Los mayas. Conocedores del tiempo cósmico, profetas del futuro y una de las civilizaciones más apasionantes de la antigüedad. La cultura, la ciencia, la religión y el arte maya están basados en una estrecha relación con el Sol. El Sol, Kinich-Ahau, era el medio a través del que podían comunicarse con Hunab-Kú, la deidad omnipresente que nos contiene a todos en su interior, como un universo. De hecho, creían que su corazón y su mente encajan curiosamente, con el centro de nuestra galaxia, con lo cual nuestro astro rey, era el medio perfecto para entrar en comunicación con el dios.

Su nombre “Maya” procede de la palabra “mayab” que hace referencia al lugar principal de su enclave geográfico, la península de Yucatán. Sin embargo, fueron un pueblo que habitó un territorio muy amplio, desde el sureste mexicano: Campeche, Chiapas, Quintana Roo, Tabasco y, por supuesto, Yucatán, hasta Belice, Guatemala, Honduras y El Salvador. Y que se extendió a lo largo de unos 3.000 años. Así que no se trataba de un sólo estado, ni de un país como lo entendemos ahora, sino de una especie de raza, es decir, tenían muchas cosas en común, pero había otras que los diferenciaban, como la lengua, ya que hay más de 40 dialectos mayas distintos. Tampoco tenían un ordenamiento jurídico común, ni un ejército. Cada pueblo se encargaba de sí mismo.

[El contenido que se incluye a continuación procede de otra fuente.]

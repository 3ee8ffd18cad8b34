-- ===== src/Daemon/Start/Outcome.antt =====
-- How a start ends.
use ezcap.Base.{
  Bool, true, false, ◌&&◌, ◌||◌, List, [], ◌∷◌, Option, none, some, is_some, ◌≡◌, refl, sym, ap,
  arith, if◌then◌else◌, Text, any,
}
use ezcap.Daemon.Start.{StartAnswers, candidates, first_pcap, choose_backend, serve, start}
use ezcap.Daemon.{Config, Backend, Daemon, stop}

-- Nothing runs.
pub record IsIdle (d : Daemon) : Type 0 where
  pub not_running : d.running ≡ false
  pub no_server : d.has_server ≡ false
  pub no_backend : d.backend ≡ none

first_pcap_some :
    (starts : Text → Bool) (is : List Text) → is_some (first_pcap starts is) ≡ any starts is
unfolding first_pcap
first_pcap_some starts [] = refl
first_pcap_some starts (i ∷ is) = ground (arith, first_pcap_some starts is)

-- A backend can be had: eBPF where it is preferred, or pcap on one of the candidates.
abbrev pub has_backend : StartAnswers → Config → Bool
has_backend a config =
    (config.prefer_ebpf && a.ebpf_starts)
    || (config.pcap_fallback
        && any a.pcap_starts (candidates a.environment config a.default_interface))

choose_backend_some :
    (a : StartAnswers) (config : Config) → is_some (choose_backend a config) ≡ has_backend a config
unfolding choose_backend
choose_backend_some a config =
    ground
      (arith, first_pcap_some a.pcap_starts (candidates a.environment config a.default_interface))

-- What a start leaves: everything runs, or nothing but a store that was opened.
abbrev pub Ends : Bool → Bool × Daemon → Type 0
Ends true (ok, d) =
    (ok ≡ true) × (d.running ≡ true) × (d.has_server ≡ true) × (is_some d.backend ≡ true)
Ends false (ok, d) = (ok ≡ false) × IsIdle d

stop-IsIdle : (d : Daemon) → d.has_server ≡ true → IsIdle (stop d)
unfolding stop
stop-IsIdle d on = record {
  not_running = ground arith;
  no_server = ground arith;
  no_backend = ground arith;
}

serve-Ends :
    (server_starts : Bool) (b : Option Backend) (d : Daemon)
    → IsIdle d
    → Ends (is_some b && server_starts) (serve server_starts b d)
unfolding serve
serve-Ends true none d v = (refl, v)
serve-Ends false none d v = (refl, v)
serve-Ends true (some b) d v = (refl, refl, refl, refl)
serve-Ends false (some b) d v =
    (refl, stop-IsIdle (record d { backend = some b; has_server = true }) refl)

start-serve :
    (a : StartAnswers) (d : Daemon)
    → d.running ≡ false
    → start a d
      ≡ serve a.server_starts
          (choose_backend a d.config)
          (record d { has_store = d.config.storage_enabled || d.has_store })
unfolding start
start-serve a d off =
    ap
      (λ b.
        if b
        then (true, d)
        else serve a.server_starts (choose_backend a d.config)
            (record d { has_store = d.config.storage_enabled || d.has_store }))
      off

-- A start of an idle daemon succeeds exactly if the server starts and a backend does: eBPF where
-- it is preferred, or, where the fallback is on, pcap on one of the candidate interfaces. The daemon
-- then runs with a server and a backend, and otherwise it is idle as before.
pub start-Ends :
    (a : StartAnswers) (d : Daemon)
    → IsIdle d
    → Ends (has_backend a d.config && a.server_starts) (start a d)
start-Ends a d v =
    let opened : Daemon = record d { has_store = d.config.storage_enabled || d.has_store } in
    let idle : IsIdle opened = record {
      not_running = v.not_running;
      no_server = v.no_server;
      no_backend = v.no_backend;
    } in
    rw (start-serve a d v.not_running, sym (choose_backend_some a d.config))
      (serve-Ends a.server_starts (choose_backend a d.config) opened idle)
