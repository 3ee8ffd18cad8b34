-- ===== src/Drivers.antt =====
-- src/drivers/: what a Lua driver declares before it is loaded.
pub mod Manifest
pub mod Sandbox
pub mod Instance
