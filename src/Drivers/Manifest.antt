-- ===== src/Drivers/Manifest.antt =====
-- src/drivers/lua/manifests/manifest.cpp and .hpp: driver manifests; Allowlist has the allowlist of
-- their paths. The functions of <cctype> are those of the C locale. `parse` takes the manifest that its
-- out parameter holds before the call; what it leaves there on an error is not modelled.
pub mod Version
pub mod Limits
pub mod Allowlist
use ezcap.Base.Json.{Json}
use ezcap.Base.Result.{Result, ok, err, ◌>>=◌, ◌>>◌, require, or_fail}
use ezcap.Base.{
  ℕ, ◌+◌, ◌%◌, ◌^◌, Bool, true, false, not, ◌&&◌, ◌||◌, List, [], ◌∷◌, ◌++◌, Option, none, some,
  ltb, leb, ◌==◌, if◌then◌else◌, length, get_elem?, all, any, Text, codes, text_eq, starts_with,
}
use ezcap.Capture.Filter.{is_between, is_digit, is_alnum}
use ezcap.Policy.Redactor.{is_empty}

pub data Capability : Type 0 where
  events capture dns process policy endpoint spec log util status : Capability

pub record DriverManifest : Type 0 where
  pub name : Text
  pub version : Text
  pub script_path : Text
  pub description : Text
  pub capabilities : List Capability
  pub event_types : List Text
  pub max_endpoints : ℕ
  pub max_subscriptions : ℕ
  pub script_sha256 : Text

-- `DriverManifest manifest;`: the members' initialisers.
abbrev pub new_manifest : DriverManifest
new_manifest = record {
  name = [];
  version = [];
  script_path = [];
  description = [];
  capabilities = [];
  event_types = [];
  max_endpoints = 8;
  max_subscriptions = 16;
  script_sha256 = [];
}

abbrev pub max_manifest_field_length : ℕ
max_manifest_field_length = 512

abbrev pub max_manifest_event_types : ℕ
max_manifest_event_types = 16

unfoldable pub valid_name : Text → Bool
valid_name name =
    if is_empty name || ltb 64 (length name)
    then false
    else all (λ c. is_alnum c || (c == b'-')) name

unfoldable pub version_loop : ℕ → Text → Text → Bool
version_loop components current [] = leb 1 components && not (is_empty current)
version_loop components current (c ∷ version) =
    let next = version_loop (components + 1) [] version in
    let longer = version_loop components (current ++ c ∷ []) version in
    if c == b'.'
    then (if is_empty current || leb 3 components then false else next)
    else if is_digit c
    then longer
    else false

unfoldable pub valid_version : Text → Bool
unfolding version_loop
valid_version version = version_loop 0 [] version

unfoldable pub valid_sha256_hex : Text → Bool
valid_sha256_hex hash =
    if not (length hash == 64) then false else all (λ c. is_digit c || is_between b'a' b'f' c) hash

unfoldable pub capability_from_name : Text → Option Capability
capability_from_name name =
    if text_eq name (codes "events")
    then some events
    else if text_eq name (codes "capture")
    then some capture
    else if text_eq name (codes "dns")
    then some dns
    else if text_eq name (codes "process")
    then some process
    else if text_eq name (codes "policy")
    then some policy
    else if text_eq name (codes "endpoint")
    then some endpoint
    else if text_eq name (codes "spec")
    then some spec
    else if text_eq name (codes "log")
    then some log
    else if text_eq name (codes "util")
    then some util
    else if text_eq name (codes "status")
    then some status
    else none

unfoldable pub capability_name : Capability → Text
capability_name events = codes "events"
capability_name capture = codes "capture"
capability_name dns = codes "dns"
capability_name process = codes "process"
capability_name policy = codes "policy"
capability_name endpoint = codes "endpoint"
capability_name spec = codes "spec"
capability_name log = codes "log"
capability_name util = codes "util"
capability_name status = codes "status"

-- `std::set` insertion; the order is of no account.
unfoldable pub insert_capability : List Capability → Capability → List Capability
insert_capability cs c =
    if any (λ d. text_eq (capability_name d) (capability_name c)) cs then cs else c ∷ cs

module _ (js : Json) where
  open js use {Value, is_object, member, as_string, as_array, as_unsigned}

  -- A field that must be there and be a string.
  abbrev pub required_string : Value → Text → Text → Result Text Text
  required_string doc key error = elim (member doc key) [
    | none ↦ err error
    | some value ↦ or_fail (as_string value) error
  ]

  -- The value of the field `key`, or what the manifest has for it.
  unfoldable pub bounded_string : Value → Text → Text → Result Text Text
  bounded_string parent key out = elim (member parent key) [
    | none ↦ ok out
    | some value ↦ do
      text ← or_fail (as_string value) (key ++ codes " must be a string")
      require (not (ltb max_manifest_field_length (length text)))
          (key ++ codes " exceeds maximum length")
      ok text
  ]

  unfoldable pub read_capabilities : List Capability → List Value → Result Text (List Capability)
  read_capabilities cs [] = ok cs
  read_capabilities cs (entry ∷ entries) = do
    name ← or_fail (as_string entry) (codes "manifest.capabilities entries must be strings")
    capability ←
        or_fail (capability_from_name name)
          (codes "manifest.capabilities contains unknown capability '" ++ (name ++ b'\'' ∷ []))
    read_capabilities (insert_capability cs capability) entries

  unfoldable pub parse_capabilities : Value → List Capability → Result Text (List Capability)
  unfolding read_capabilities
  parse_capabilities doc cs = elim (member doc (codes "capabilities")) [
    | none ↦ ok cs
    | some value ↦ do
      entries ← or_fail (as_array value) (codes "manifest.capabilities must be an array")
      require (not (ltb 16 (length entries))) (codes "manifest.capabilities has too many entries")
      read_capabilities cs entries
  ]

  unfoldable pub read_event_types : List Text → List Value → Result Text (List Text)
  read_event_types types [] = ok types
  read_event_types types (entry ∷ entries) = do
    name ← or_fail (as_string entry) (codes "manifest.event_types entries must be strings")
    require (not (ltb 32 (length name))) (codes "manifest.event_types entry exceeds maximum length")
    read_event_types (types ++ name ∷ []) entries

  unfoldable pub parse_event_types : Value → List Text → Result Text (List Text)
  unfolding read_event_types
  parse_event_types doc types = elim (member doc (codes "event_types")) [
    | none ↦ ok types
    | some value ↦ do
      entries ← or_fail (as_array value) (codes "manifest.event_types must be an array")
      require (not (ltb max_manifest_event_types (length entries)))
          (codes "manifest.event_types exceeds the subscription limit")
      read_event_types types entries
  ]

  unfoldable pub parse_limit : Value → Text → Text → ℕ → Result Text ℕ
  parse_limit doc key error limit = elim (member doc key) [
    | none ↦ ok limit
    | some value ↦ do
      n ← or_fail (as_unsigned value) error
      require (not (ltb 64 n)) error
      ok (n % 2 ^ 32)
  ]

  -- What `parse` does with a document that has been parsed.
  unfoldable pub parse_fields : Value → DriverManifest → Result Text DriverManifest
  unfolding bounded_string parse_capabilities parse_event_types parse_limit
  parse_fields doc out = do
    name ← required_string doc (codes "name") (codes "manifest.name is required")
    require (valid_name name) (codes "manifest.name must match [a-zA-Z0-9-]{1,64}")
    version ← required_string doc (codes "version") (codes "manifest.version is required")
    require (valid_version version) (codes "manifest.version must be numeric x.y[.z]")
    script ← required_string doc (codes "script") (codes "manifest.script is required")
    require (not (is_empty script || ltb 4096 (length script)))
        (codes "manifest.script must be a non-empty path")
    description ← bounded_string doc (codes "description") out.description
    hash ← bounded_string doc (codes "script_sha256") out.script_sha256
    require (is_empty hash || valid_sha256_hex hash)
        (codes "manifest.script_sha256 must be 64 lowercase hex characters")
    capabilities ← parse_capabilities doc out.capabilities
    event_types ← parse_event_types doc out.event_types
    max_endpoints ←
        parse_limit doc (codes "max_endpoints")
          (codes "manifest.max_endpoints must be a number in [0, 64]") out.max_endpoints
    max_subscriptions ←
        parse_limit doc (codes "max_subscriptions")
          (codes "manifest.max_subscriptions must be a number in [0, 64]") out.max_subscriptions
    ok (record {
      name = name;
      version = version;
      script_path = script;
      description = description;
      capabilities = capabilities;
      event_types = event_types;
      max_endpoints = max_endpoints;
      max_subscriptions = max_subscriptions;
      script_sha256 = hash;
    })

  unfoldable pub parse_manifest : Text → DriverManifest → Result Text DriverManifest
  unfolding parse_fields
  parse_manifest json_text out = do
    doc ← or_fail (js.parse json_text) (codes "manifest is not valid JSON")
    require (is_object doc) (codes "manifest must be a JSON object")
    parse_fields doc out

Construyeron sus ciudades, los enclaves ceremoniales, las famosas pirámides y allí dejaron constancia grabada en las piedras de sus mensajes y profecías sobre el tiempo, los recorridos solares, lunares, astronómicos en general y también, el camino que debía seguir el ser humano hacia el crecimiento y la paz interior.

Fue una de las más importantes culturas de la Mesoamérica precolombina y arrojó un inmenso legado científico y astronómico a nivel mundial, sin embargo, también hay que remarcar que ni conocían la rueda ni tampoco la fundición y aleación de metales, lo que retrasó mucho su desarrollo en aspectos como la arquitectura. Las matemáticas son un tema debatido, ya que para unos su aportación fue enorme por ejemplo introduciendo el complejo concepto de cero, mientras que para otros, el sistema vigesimal (en potencias de 20) resulta demasiado complicado para ser realmente útil. Además, como todo lo importante, estaba reservado a una élite de sacerdotes e iniciados.

Chichén Itzá

Pero centremos un poco nuestro interés en un punto concreto: Chichén Itzá. Una de las más grandes ciudades de la cultura maya, que se encuentra en la península de Yucatán. Esta ciudad está a sólo 117 km de Mérida (capital del Estado de Yucatán) y su nombre, en maya, significa “la boca de los cenotes de Itzá”, una traducción que viene de la unión de todas sus palabras: chi (boca), chen (pozo), itz (mago, mágico) y a (agua). Un cenote es un  pozo natural o una poza que suministra agua a la ciudad. Fue construida a principios del siglo VI d.C. como centro de peregrinación a lo que vino a llamarse “el cenote sagrado”, donde se ofrecían sacrificios al dios de la lluvia, Chac. Después la abandonaron a mediados del siglo VII y volvieron a reconstruirla a comienzos del VIII convirtiéndola en el centro de la cultura maya. Los itzaes fueron conquistados por los toltecas, quienes le dieron un mayor auge. Y nuevamente fue abandonada en el siglo XIV por motivos que aún hoy se desconocen.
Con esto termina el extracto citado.